WORK REQUEST: From the data underneath, reproduce exactly the stretch that begins at the line with "atom_names = ((((origin, cased), here), (t, n)), tt);" and ends after the line with "shape), e) ↦".

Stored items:
******************************

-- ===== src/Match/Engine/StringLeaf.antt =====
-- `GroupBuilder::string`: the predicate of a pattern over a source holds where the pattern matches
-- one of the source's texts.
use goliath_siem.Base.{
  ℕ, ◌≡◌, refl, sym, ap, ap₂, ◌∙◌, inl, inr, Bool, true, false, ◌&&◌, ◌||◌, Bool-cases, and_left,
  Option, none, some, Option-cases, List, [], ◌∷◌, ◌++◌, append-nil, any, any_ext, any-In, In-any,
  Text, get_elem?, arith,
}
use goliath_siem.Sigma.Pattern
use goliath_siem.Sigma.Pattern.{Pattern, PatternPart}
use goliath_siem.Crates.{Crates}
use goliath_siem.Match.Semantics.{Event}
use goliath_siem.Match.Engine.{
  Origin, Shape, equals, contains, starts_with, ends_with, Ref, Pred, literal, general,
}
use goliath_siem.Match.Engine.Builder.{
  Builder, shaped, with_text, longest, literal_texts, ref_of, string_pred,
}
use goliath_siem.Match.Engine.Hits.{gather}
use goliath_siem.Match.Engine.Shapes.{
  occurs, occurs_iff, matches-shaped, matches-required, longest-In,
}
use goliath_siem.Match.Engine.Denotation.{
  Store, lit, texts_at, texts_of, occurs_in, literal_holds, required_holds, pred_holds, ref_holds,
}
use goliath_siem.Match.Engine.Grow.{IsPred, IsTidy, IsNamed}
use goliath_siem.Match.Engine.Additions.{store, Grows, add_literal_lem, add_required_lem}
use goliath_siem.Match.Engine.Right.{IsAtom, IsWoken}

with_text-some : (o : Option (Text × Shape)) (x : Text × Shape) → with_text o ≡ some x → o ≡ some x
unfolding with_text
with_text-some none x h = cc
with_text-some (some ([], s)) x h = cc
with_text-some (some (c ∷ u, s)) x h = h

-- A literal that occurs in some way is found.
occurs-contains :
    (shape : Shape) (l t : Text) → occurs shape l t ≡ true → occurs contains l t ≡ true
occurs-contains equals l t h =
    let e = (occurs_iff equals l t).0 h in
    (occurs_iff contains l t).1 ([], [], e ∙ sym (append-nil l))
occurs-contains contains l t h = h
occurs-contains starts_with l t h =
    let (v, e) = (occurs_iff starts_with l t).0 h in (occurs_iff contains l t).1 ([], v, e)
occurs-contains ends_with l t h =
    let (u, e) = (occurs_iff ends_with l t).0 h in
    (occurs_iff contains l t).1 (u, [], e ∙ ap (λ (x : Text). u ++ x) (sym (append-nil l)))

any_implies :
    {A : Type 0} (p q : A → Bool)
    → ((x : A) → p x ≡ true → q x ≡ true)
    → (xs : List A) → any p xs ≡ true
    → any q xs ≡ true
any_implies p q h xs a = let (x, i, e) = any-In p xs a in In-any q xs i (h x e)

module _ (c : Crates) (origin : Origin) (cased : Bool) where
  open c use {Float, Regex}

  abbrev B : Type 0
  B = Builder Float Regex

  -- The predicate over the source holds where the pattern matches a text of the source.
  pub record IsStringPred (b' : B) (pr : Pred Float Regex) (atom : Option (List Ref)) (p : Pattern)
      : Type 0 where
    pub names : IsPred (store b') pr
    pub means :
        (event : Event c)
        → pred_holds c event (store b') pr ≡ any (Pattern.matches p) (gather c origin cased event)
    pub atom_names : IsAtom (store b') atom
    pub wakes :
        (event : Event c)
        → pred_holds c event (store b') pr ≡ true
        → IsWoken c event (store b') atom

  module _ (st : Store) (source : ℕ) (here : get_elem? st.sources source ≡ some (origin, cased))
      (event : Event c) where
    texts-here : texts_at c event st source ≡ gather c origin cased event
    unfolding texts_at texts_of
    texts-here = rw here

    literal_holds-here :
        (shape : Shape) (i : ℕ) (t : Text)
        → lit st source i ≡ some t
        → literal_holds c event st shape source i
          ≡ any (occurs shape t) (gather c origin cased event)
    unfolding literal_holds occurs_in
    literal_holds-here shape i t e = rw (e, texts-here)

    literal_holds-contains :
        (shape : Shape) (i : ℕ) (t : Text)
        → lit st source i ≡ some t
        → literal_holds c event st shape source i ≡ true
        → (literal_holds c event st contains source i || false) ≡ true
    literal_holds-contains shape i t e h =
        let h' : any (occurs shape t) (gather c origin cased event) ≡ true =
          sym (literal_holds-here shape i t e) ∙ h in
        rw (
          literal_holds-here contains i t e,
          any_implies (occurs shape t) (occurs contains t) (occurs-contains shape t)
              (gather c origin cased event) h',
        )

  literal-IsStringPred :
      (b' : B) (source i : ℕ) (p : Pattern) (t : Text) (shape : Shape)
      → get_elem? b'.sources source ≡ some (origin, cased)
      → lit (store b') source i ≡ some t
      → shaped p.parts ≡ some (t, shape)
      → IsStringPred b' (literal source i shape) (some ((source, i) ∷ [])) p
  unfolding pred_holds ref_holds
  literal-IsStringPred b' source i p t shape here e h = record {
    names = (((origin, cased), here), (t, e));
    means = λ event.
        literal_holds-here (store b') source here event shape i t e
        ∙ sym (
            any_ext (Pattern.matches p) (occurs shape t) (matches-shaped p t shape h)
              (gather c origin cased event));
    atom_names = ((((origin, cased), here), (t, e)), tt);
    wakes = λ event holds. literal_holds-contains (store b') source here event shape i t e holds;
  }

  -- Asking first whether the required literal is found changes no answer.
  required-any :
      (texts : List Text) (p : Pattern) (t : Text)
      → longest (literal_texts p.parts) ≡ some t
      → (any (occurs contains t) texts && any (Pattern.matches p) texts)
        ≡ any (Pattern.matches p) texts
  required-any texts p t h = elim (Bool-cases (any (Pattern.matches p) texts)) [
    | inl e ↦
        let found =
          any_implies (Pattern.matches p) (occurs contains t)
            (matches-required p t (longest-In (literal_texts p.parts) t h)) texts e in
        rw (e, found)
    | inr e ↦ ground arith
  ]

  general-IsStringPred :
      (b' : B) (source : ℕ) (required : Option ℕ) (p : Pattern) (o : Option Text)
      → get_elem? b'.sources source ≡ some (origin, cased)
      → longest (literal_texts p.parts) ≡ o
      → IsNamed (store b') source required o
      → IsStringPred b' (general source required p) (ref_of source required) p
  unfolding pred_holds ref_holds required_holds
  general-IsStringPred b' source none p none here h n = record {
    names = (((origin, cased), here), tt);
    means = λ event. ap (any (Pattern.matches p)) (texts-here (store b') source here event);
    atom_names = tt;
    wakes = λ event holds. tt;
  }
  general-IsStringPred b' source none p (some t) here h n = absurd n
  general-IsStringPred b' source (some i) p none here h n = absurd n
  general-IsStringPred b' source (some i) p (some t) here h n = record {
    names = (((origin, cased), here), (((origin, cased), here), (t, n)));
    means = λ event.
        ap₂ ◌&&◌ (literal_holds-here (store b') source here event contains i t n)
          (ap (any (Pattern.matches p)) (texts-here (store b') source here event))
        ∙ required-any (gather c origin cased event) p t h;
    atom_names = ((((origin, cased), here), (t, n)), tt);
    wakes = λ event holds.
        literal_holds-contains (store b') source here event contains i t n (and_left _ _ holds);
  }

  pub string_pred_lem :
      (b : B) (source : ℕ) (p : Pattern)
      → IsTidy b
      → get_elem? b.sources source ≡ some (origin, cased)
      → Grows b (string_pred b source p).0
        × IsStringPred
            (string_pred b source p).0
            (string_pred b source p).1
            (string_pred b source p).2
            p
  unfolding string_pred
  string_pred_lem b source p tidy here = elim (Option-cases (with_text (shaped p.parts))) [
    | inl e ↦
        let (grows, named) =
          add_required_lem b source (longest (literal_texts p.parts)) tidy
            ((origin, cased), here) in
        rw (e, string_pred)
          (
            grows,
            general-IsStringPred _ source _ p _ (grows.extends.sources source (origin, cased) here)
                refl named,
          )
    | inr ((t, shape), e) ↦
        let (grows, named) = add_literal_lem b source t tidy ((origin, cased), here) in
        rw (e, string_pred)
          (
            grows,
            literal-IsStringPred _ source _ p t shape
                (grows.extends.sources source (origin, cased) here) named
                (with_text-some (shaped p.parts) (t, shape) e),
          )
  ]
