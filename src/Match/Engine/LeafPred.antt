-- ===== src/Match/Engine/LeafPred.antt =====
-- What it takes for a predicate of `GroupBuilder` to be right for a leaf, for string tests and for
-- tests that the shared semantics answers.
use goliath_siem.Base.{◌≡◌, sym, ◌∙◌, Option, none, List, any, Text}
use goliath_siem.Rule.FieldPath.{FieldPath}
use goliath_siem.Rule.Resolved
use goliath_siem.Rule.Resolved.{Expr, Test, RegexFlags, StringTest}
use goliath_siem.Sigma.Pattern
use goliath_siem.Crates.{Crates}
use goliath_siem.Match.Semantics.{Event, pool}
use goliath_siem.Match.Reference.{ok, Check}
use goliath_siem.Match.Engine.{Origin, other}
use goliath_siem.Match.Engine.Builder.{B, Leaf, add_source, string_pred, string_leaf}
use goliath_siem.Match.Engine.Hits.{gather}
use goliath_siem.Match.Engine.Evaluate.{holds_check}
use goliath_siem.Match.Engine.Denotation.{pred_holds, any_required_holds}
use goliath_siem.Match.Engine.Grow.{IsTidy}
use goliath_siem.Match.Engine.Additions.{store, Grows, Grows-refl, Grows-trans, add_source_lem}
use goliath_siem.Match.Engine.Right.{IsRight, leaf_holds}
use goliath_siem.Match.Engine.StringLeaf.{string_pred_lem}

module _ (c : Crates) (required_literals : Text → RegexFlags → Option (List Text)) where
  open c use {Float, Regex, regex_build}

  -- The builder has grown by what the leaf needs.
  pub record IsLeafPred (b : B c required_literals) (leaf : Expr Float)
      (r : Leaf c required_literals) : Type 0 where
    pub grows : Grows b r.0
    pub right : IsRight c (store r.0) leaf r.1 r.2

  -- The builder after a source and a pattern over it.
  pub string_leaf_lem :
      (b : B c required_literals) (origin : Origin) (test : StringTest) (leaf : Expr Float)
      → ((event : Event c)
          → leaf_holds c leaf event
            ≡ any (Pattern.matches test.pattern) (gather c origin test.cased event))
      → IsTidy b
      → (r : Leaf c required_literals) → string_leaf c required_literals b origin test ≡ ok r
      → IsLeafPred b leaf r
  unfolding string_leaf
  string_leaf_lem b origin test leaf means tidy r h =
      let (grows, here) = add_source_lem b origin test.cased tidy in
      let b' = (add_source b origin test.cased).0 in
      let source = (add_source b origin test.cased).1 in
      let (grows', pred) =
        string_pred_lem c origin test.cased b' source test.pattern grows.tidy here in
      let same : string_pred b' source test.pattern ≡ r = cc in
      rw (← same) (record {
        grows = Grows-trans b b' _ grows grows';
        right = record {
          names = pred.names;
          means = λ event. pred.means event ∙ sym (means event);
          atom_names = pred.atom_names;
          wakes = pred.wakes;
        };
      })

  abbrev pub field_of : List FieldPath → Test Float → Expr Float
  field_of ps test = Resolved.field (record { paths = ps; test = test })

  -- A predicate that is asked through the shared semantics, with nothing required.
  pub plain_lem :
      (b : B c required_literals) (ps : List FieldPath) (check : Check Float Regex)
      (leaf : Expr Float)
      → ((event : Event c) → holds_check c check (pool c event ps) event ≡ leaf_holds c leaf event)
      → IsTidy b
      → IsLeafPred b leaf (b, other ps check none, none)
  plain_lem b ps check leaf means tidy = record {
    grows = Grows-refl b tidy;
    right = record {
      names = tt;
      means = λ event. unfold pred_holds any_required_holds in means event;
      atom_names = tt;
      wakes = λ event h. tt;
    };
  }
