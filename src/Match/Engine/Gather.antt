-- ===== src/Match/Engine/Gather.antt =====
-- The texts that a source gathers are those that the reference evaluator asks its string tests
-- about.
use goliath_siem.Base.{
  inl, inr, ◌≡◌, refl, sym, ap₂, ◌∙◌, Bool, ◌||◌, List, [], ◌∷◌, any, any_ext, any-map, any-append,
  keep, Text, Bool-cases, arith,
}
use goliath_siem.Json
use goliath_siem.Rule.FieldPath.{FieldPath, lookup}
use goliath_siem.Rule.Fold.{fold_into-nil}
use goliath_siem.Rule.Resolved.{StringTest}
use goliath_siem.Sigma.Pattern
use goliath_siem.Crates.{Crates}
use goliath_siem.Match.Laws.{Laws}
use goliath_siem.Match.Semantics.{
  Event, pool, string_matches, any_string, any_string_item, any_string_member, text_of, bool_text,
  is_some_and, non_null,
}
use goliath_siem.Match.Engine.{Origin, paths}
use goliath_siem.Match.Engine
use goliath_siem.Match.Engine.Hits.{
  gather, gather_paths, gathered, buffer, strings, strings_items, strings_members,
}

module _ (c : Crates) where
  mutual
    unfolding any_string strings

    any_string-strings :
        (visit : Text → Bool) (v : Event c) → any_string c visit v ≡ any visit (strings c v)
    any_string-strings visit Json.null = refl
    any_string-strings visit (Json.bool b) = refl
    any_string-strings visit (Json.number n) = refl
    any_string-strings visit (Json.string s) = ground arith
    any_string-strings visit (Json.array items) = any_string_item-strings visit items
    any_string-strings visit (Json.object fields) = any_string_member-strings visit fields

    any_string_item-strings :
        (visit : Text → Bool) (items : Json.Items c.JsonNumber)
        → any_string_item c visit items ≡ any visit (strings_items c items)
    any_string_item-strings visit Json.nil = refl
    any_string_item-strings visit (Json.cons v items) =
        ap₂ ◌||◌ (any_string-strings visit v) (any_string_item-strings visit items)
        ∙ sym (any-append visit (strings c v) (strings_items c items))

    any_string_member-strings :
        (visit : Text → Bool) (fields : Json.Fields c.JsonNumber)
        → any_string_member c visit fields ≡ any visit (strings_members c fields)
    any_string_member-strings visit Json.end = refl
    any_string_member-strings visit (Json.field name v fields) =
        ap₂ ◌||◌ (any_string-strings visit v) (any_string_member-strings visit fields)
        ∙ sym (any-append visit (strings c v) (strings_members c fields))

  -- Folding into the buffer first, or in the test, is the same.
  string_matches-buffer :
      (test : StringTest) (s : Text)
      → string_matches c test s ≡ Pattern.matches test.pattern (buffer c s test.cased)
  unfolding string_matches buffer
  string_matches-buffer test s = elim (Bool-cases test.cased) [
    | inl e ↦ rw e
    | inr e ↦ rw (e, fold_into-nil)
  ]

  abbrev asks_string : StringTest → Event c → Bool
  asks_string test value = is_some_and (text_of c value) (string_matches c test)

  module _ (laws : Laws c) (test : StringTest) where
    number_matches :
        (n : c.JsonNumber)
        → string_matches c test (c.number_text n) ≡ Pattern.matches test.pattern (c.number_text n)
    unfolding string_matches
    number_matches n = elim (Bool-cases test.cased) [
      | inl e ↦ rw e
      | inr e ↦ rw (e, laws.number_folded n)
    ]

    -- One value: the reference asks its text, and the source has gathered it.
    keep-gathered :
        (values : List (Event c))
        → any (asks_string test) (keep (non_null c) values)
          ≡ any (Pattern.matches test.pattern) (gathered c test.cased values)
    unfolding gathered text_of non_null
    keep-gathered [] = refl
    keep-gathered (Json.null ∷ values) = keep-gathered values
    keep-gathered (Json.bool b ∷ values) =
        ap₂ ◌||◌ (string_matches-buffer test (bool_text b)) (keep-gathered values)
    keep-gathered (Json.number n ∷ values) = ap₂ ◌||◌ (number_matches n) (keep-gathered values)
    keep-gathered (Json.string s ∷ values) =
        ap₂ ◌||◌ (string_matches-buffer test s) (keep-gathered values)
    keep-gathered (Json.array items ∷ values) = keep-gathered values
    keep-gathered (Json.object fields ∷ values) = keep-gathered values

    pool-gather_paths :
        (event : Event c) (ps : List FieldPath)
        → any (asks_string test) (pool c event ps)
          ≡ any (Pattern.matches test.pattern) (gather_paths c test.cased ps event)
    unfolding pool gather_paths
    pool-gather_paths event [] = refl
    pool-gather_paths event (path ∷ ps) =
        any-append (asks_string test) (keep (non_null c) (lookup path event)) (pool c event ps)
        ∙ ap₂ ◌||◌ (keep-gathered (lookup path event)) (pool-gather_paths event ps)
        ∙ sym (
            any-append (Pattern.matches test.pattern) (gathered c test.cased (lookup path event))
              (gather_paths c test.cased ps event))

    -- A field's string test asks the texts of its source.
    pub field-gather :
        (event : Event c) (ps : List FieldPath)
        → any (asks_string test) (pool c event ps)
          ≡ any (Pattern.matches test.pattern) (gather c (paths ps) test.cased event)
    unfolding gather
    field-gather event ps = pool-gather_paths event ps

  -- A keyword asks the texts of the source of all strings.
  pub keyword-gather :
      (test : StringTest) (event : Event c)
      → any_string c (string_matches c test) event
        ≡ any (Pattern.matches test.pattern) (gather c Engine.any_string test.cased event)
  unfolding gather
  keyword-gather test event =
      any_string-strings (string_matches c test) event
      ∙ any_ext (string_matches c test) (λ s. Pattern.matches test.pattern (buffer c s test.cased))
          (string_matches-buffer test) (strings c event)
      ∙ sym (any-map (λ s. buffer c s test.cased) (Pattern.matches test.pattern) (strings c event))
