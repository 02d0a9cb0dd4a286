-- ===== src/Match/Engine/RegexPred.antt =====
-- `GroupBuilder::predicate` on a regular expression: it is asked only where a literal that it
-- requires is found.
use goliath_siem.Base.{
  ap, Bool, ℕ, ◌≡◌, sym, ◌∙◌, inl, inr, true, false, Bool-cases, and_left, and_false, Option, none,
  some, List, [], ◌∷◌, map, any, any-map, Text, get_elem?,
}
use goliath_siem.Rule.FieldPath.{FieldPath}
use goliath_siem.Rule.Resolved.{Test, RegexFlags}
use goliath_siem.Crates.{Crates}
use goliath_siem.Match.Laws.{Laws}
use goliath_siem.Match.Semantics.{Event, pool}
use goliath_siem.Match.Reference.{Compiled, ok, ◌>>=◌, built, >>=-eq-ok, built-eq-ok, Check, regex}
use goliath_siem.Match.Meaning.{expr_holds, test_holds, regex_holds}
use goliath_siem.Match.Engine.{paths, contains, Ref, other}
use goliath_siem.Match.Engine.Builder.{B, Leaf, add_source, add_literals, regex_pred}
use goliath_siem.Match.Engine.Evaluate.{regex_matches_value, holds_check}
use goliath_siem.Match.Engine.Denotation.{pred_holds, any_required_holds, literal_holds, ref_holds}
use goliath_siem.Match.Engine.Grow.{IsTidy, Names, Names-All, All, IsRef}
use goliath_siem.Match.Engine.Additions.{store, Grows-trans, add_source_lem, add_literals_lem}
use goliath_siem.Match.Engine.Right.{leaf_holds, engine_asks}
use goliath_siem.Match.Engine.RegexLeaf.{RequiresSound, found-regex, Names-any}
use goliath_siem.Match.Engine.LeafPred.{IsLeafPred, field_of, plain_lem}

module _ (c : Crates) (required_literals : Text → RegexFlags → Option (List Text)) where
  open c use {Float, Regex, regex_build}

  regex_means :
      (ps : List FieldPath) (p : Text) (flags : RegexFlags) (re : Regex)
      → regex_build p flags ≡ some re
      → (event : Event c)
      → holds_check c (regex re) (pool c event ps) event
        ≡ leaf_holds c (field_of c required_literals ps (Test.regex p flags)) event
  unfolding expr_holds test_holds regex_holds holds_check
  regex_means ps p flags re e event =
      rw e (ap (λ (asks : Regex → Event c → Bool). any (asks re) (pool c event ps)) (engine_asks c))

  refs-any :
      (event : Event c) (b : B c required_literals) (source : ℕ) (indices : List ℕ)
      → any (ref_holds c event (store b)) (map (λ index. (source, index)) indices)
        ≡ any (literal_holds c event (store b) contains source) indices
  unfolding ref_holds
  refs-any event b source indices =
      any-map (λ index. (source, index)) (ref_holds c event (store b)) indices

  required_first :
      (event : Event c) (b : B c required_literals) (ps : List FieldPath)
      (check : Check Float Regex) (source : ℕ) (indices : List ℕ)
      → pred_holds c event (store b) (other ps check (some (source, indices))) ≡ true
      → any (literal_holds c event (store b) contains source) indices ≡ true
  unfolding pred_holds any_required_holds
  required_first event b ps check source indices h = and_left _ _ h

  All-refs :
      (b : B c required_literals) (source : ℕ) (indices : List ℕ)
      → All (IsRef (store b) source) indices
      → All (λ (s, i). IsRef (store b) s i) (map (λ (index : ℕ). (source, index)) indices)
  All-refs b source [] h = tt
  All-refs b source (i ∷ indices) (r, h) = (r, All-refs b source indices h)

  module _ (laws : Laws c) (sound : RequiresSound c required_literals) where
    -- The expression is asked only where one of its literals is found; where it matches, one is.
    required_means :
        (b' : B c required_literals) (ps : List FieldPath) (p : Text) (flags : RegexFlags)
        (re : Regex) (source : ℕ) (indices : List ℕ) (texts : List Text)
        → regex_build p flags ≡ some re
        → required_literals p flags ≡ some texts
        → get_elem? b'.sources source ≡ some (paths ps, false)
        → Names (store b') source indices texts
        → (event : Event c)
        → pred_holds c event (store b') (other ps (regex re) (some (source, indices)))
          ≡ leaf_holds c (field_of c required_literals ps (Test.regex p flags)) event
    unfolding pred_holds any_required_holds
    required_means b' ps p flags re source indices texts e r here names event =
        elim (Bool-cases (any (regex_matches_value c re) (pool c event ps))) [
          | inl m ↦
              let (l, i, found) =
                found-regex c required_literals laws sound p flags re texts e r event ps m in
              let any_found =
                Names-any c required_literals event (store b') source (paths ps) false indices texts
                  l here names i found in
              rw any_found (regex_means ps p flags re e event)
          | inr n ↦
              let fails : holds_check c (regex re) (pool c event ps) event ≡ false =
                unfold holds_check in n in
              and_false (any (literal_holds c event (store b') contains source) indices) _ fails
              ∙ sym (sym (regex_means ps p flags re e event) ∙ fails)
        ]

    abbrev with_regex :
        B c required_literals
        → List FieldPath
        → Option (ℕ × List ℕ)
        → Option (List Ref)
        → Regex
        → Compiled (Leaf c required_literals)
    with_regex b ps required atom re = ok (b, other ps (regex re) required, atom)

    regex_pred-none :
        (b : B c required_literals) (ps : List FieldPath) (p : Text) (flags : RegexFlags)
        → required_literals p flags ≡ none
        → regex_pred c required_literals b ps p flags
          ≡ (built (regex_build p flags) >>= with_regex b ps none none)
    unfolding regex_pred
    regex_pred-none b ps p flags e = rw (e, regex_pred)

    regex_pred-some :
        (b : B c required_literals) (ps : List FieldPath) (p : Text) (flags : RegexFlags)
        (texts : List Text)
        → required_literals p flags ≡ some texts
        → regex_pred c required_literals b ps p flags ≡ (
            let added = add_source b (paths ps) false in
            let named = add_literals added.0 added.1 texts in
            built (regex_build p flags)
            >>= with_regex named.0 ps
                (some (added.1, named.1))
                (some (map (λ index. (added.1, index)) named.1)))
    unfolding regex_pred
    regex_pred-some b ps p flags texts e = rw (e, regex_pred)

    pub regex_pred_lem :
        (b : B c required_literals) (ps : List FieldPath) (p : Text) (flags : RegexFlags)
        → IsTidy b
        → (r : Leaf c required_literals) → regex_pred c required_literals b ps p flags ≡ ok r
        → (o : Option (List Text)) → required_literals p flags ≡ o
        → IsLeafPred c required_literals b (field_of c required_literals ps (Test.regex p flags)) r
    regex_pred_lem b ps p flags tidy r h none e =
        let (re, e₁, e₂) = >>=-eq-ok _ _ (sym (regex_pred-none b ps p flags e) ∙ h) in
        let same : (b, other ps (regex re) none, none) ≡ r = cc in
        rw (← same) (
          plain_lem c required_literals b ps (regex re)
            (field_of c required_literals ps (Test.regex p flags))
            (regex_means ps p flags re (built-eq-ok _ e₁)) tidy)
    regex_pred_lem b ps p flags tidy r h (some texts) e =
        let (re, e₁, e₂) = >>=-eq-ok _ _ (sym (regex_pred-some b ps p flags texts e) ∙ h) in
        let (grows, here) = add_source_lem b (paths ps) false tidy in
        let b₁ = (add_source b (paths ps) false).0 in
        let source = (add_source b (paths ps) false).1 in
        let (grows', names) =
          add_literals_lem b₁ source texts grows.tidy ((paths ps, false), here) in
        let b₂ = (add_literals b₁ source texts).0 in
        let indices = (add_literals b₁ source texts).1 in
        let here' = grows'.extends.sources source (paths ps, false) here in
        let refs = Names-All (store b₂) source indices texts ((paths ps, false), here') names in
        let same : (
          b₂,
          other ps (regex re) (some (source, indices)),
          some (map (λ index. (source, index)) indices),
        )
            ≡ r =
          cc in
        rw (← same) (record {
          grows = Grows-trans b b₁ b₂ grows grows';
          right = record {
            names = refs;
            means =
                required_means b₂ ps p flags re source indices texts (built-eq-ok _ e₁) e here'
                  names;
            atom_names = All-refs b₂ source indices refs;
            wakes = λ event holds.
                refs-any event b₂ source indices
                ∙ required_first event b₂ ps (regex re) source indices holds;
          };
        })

******************************

TASK RESULT:
    atom_names = ((((origin, cased), here), (t, n)), tt);
    wakes = λ event holds.
        literal_holds-contains (store b') source here event contains i t n (and_left _ _ holds);
  }

  pub string_pred_lem :
      (b : B) (source : ℕ) (p : Pattern)
      → IsTidy b
      → get_elem? b.sources source ≡ some (origin, cased)
      → Grows b (string_pred b source p).0
        × IsStringPred
            (string_pred b source p).0
            (string_pred b source p).1
            (string_pred b source p).2
            p
  unfolding string_pred
  string_pred_lem b source p tidy here = elim (Option-cases (with_text (shaped p.parts))) [
    | inl e ↦
        let (grows, named) =
          add_required_lem b source (longest (literal_texts p.parts)) tidy
            ((origin, cased), here) in
        rw (e, string_pred)
          (
            grows,
            general-IsStringPred _ source _ p _ (grows.extends.sources source (origin, cased) here)
                refl named,
          )
    | inr ((t, shape), e) ↦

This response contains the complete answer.